Stored data
━━━━━━━━━━
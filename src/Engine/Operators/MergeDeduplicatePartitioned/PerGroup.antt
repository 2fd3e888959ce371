-- ===== src/Engine/Operators/MergeDeduplicatePartitioned/PerGroup.antt =====
-- Merging within groups (merge_deduplicate_partitioned.rs), against `merge_deduplicate` on each group.
use native.Mathlib.Nat.{mod-eq_of_lt}
use locust_db.Prelude.{
  ℕ, zero, suc, ◌+◌, ◌%◌, ◌^◌, ◌≤◌, ◌<◌, ◌≡◌, ap, ap₂, subst, sym, ◌∙◌, true, inl, inr, Bool-cases,
  Option, none, some, List, [], ◌∷◌, ◌++◌, append_assoc, append-nil, length, take, drop,
  length-take, take-append-drop, replicate, Ord, arith,
}
use locust_db.Engine.Operators.MergeDeduplicate.{
  MergeOp, take_left, take_right, merge_right, is_last, merge_deduplicate,
}
use locust_db.Engine.Operators.MergeDeduplicate.Steps.{steps, merge_deduplicate-steps}
use locust_db.Engine.Operators.MergeAggregate.Union.{IsStrict}
use locust_db.Engine.Operators.MergeAggregate.Refines.{Fresh, Fresh-Above}
use locust_db.Engine.Operators.Partition.{Premerge}
use locust_db.Engine.Operators.MergeDeduplicatePartitioned.{
  Merging, group_loop, groups_loop, merge_deduplicate_partitioned,
}

module _ {ℓ} {T : Type ℓ} ⦃o : Ord T⦄ where
  -- The state behind a group: its keys and ops are pushed, the rest of the columns is left.
  abbrev done :
      (l r result : List T) (ops : List MergeOp) (keys : List T) (more : List MergeOp)
      → Option (Merging T)
  done l r result ops keys more =
      some (record { left_rest = l; right_rest = r; result = result ++ keys; ops = ops ++ more })

  left_only :
      (n : ℕ) (tl l r : List T) (last : Option T) (result : List T) (ops : List MergeOp)
      → n ≡ length tl
      → group_loop n (length tl) zero last (tl ++ l) r result ops
        ≡ done l r result ops tl (replicate (length tl) take_left)
  unfolding group_loop
  left_only zero [] l r last result ops e = ground (arith, append-nil result, append-nil ops)
  left_only (suc n) [] l r last result ops e = absurd (omega arith)
  left_only zero (x ∷ tl) l r last result ops e = absurd (omega arith)
  left_only (suc n) (x ∷ tl) l r last result ops e =
      left_only n tl l r (some x) (result ++ x ∷ []) (ops ++ take_left ∷ []) (omega arith)
      ∙ ap₂
          (λ keys more. some (record { left_rest = l; right_rest = r; result = keys; ops = more }))
          (append_assoc result (x ∷ []) tl)
          (append_assoc ops (take_left ∷ []) (replicate (length tl) take_left))

  right_only :
      (n : ℕ) (tr l r : List T) (last : Option T) (result : List T) (ops : List MergeOp)
      → n ≡ length tr
      → IsStrict tr
      → Fresh last tr
      → group_loop n zero (length tr) last l (tr ++ r) result ops
        ≡ done l r result ops tr (replicate (length tr) take_right)
  unfolding group_loop
  right_only zero [] l r last result ops e s f = ground (arith, append-nil result, append-nil ops)
  right_only (suc n) [] l r last result ops e s f = absurd (omega arith)
  right_only zero (y ∷ tr) l r last result ops e s f = absurd (omega arith)
  right_only (suc n) (y ∷ tr) l r last result ops e s f =
      rw (f, group_loop)
        (right_only n tr l r (some y) (result ++ y ∷ []) (ops ++ take_right ∷ []) (omega arith) s.1
          (Fresh-Above y tr s.0))
      ∙ ap₂
          (λ keys more. some (record { left_rest = l; right_rest = r; result = keys; ops = more }))
          (append_assoc result (y ∷ []) tr)
          (append_assoc ops (take_right ∷ []) (replicate (length tr) take_right))

  is_last_inv : (last : Option T) (y : T) → is_last last y ≡ true → last ≡ some y
  unfolding is_last
  is_last_inv none y h = cc
  is_last_inv (some x) y h = ap some ((o.eq_iff x y).0 h)

  group_loop-steps :
      (n : ℕ) (tl tr l r : List T) (last : Option T) (result : List T) (ops : List MergeOp)
      → n ≡ length tl + length tr
      → IsStrict tr
      → group_loop n (length tl) (length tr) last (tl ++ l) (tr ++ r) result ops
        ≡ done l r result ops (steps last tl tr).0 (steps last tl tr).1
  unfolding group_loop steps
  group_loop-steps n [] [] l r last result ops e s =
      right_only n [] l r last result ops (omega arith) tt tt
  group_loop-steps zero [] (y ∷ tr) l r last result ops e s = absurd (omega arith)
  group_loop-steps (suc n) [] (y ∷ tr) l r last result ops e s =
      elim (Bool-cases (is_last last y)) [
        | inr f ↦ rw (f, steps) (right_only (suc n) (y ∷ tr) l r last result ops (omega arith) s f)
        | inl t ↦
            let fresh =
              subst (λ last. Fresh last tr) (sym (is_last_inv last y t)) (Fresh-Above y tr s.0) in
            rw (t, group_loop, steps)
              (right_only n tr l r last result (ops ++ merge_right ∷ []) (omega arith) s.1 fresh
                ∙ ap
                    (λ more.
                      some (record {
                        left_rest = l;
                        right_rest = r;
                        result = result ++ tr;
                        ops = more;
                      }))
                    (append_assoc ops (merge_right ∷ []) (replicate (length tr) take_right)))
      ]
  group_loop-steps n (x ∷ tl) [] l r last result ops e s =
      left_only n (x ∷ tl) l r last result ops (omega arith)
  group_loop-steps zero (x ∷ tl) (y ∷ tr) l r last result ops e s = absurd (omega arith)
  group_loop-steps (suc n) (x ∷ tl) (y ∷ tr) l r last result ops e s = ground (
    arith,
    group_loop-steps n (x ∷ tl) tr l r last result (ops ++ merge_right ∷ []) (omega arith) s.1,
    group_loop-steps n tl (y ∷ tr) l r (some x) (result ++ x ∷ []) (ops ++ take_left ∷ [])
        (omega arith) s,
    group_loop-steps n (x ∷ tl) tr l r (some y) (result ++ y ∷ []) (ops ++ take_right ∷ [])
        (omega arith) s.1,
    append_assoc ops (merge_right ∷ []) (steps last (x ∷ tl) tr).1,
    append_assoc ops (take_left ∷ []) (steps (some x) tl (y ∷ tr)).1,
    append_assoc ops (take_right ∷ []) (steps (some y) (x ∷ tl) tr).1,
    append_assoc result (x ∷ []) (steps (some x) tl (y ∷ tr)).0,
    append_assoc result (y ∷ []) (steps (some y) (x ∷ tl) tr).0,
  )

  -- The groups lie in the columns, and within a group the right column is sorted and has no
  -- duplicates.
  abbrev pub IsCut : List Premerge → (l r : List T) → Type 0
  IsCut [] l r = Unit
  IsCut (group ∷ groups) l r =
      (group.left ≤ length l)
      × (group.right ≤ length r)
      × (group.left + group.right < 2 ^ 32)
      × IsStrict (take group.right r)
      × IsCut groups (drop group.left l) (drop group.right r)

  -- Each group on its own.
  abbrev pub per_group : List Premerge → (l r : List T) → List T × List MergeOp
  per_group [] l r = ([], [])
  per_group (group ∷ groups) l r =
      let merged = merge_deduplicate (take group.left l) (take group.right r) in
      let rest = per_group groups (drop group.left l) (drop group.right r) in
      (merged.0 ++ rest.0, merged.1 ++ rest.1)

  one_group :
      (group : Premerge) (l r result : List T) (ops : List MergeOp)
      → group.left ≤ length l
      → group.right ≤ length r
      → group.left + group.right < 2 ^ 32
      → IsStrict (take group.right r)
      → group_loop ((group.left + group.right) % 2 ^ 32) group.left group.right none l r result ops
        ≡ done
            (drop group.left l)
            (drop group.right r)
            result
            ops
            (merge_deduplicate (take group.left l) (take group.right r)).0
            (merge_deduplicate (take group.left l) (take group.right r)).1
  one_group group l r result ops hl hr small s =
      let a : length (take group.left l) ≡ group.left = omega (arith, length-take group.left l) in
      let b : length (take group.right r) ≡ group.right =
        omega (arith, length-take group.right r) in
      let run =
        group_loop-steps (group.left + group.right) (take group.left l) (take group.right r)
          (drop group.left l) (drop group.right r) none result ops (omega arith) s in
      rw (mod-eq_of_lt small, merge_deduplicate-steps (take group.left l) (take group.right r))
        (ap₂ (λ a b. group_loop (group.left + group.right) a b none l r result ops) (sym a) (sym b)
          ∙ ap₂
              (λ l' r'.
                group_loop (group.left + group.right) (length (take group.left l))
                  (length (take group.right r)) none l' r' result ops)
              (sym (take-append-drop group.left l)) (sym (take-append-drop group.right r))
          ∙ run)

  groups_loop-per_group :
      (groups : List Premerge) (l r result : List T) (ops : List MergeOp)
      → IsCut groups l r
      → groups_loop groups l r result ops
        ≡ some (result ++ (per_group groups l r).0, ops ++ (per_group groups l r).1)
  unfolding groups_loop
  groups_loop-per_group [] l r result ops h = ground (arith, append-nil result, append-nil ops)
  groups_loop-per_group (group ∷ groups) l r result ops (hl, hr, small, s, h) =
      let merged = merge_deduplicate (take group.left l) (take group.right r) in
      let rest = per_group groups (drop group.left l) (drop group.right r) in
      rw (one_group group l r result ops hl hr small s, groups_loop)
        (groups_loop-per_group groups (drop group.left l) (drop group.right r) (result ++ merged.0)
            (ops ++ merged.1) h
          ∙ ap₂ (λ keys more. some (keys, more)) (append_assoc result merged.0 rest.0)
              (append_assoc ops merged.1 rest.1))

  -- On groups that lie in the columns, with sorted, distinct right keys within each group:
  -- `merge_deduplicate_partitioned` reads no element out of range and returns, group behind group,
  -- the keys and the ops that `merge_deduplicate` returns for the group alone.
  pub merge_deduplicate_partitioned-per_group :
      (partitioning : List Premerge) (left right : List T)
      → IsCut partitioning left right
      → merge_deduplicate_partitioned partitioning left right
        ≡ some (per_group partitioning left right)
  unfolding merge_deduplicate_partitioned
  merge_deduplicate_partitioned-per_group partitioning left right h =
      groups_loop-per_group partitioning left right [] [] h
━━━━━━━━━━
Task requirements
Only the lines from the first line of the records through the line containing "done l r result ops keys" should be repeated, exactly as they appear.

Solution to the exercise
filename src/Engine/Operators/MergeDeduplicatePartitioned/PerGroup.antt
repository 2fd3e888959ce371
-- ===== src/Engine/Operators/MergeDeduplicatePartitioned/PerGroup.antt =====
-- Merging within groups (merge_deduplicate_partitioned.rs), against `merge_deduplicate` on each group.
use native.Mathlib.Nat.{mod-eq_of_lt}
use locust_db.Prelude.{
  ℕ, zero, suc, ◌+◌, ◌%◌, ◌^◌, ◌≤◌, ◌<◌, ◌≡◌, ap, ap₂, subst, sym, ◌∙◌, true, inl, inr, Bool-cases,
  Option, none, some, List, [], ◌∷◌, ◌++◌, append_assoc, append-nil, length, take, drop,
  length-take, take-append-drop, replicate, Ord, arith,
}
use locust_db.Engine.Operators.MergeDeduplicate.{
  MergeOp, take_left, take_right, merge_right, is_last, merge_deduplicate,
}
use locust_db.Engine.Operators.MergeDeduplicate.Steps.{steps, merge_deduplicate-steps}
use locust_db.Engine.Operators.MergeAggregate.Union.{IsStrict}
use locust_db.Engine.Operators.MergeAggregate.Refines.{Fresh, Fresh-Above}
use locust_db.Engine.Operators.Partition.{Premerge}
use locust_db.Engine.Operators.MergeDeduplicatePartitioned.{
  Merging, group_loop, groups_loop, merge_deduplicate_partitioned,
}

module _ {ℓ} {T : Type ℓ} ⦃o : Ord T⦄ where
  -- The state behind a group: its keys and ops are pushed, the rest of the columns is left.
  abbrev done :
      (l r result : List T) (ops : List MergeOp) (keys : List T) (more : List MergeOp)
      → Option (Merging T)
  done l r result ops keys more =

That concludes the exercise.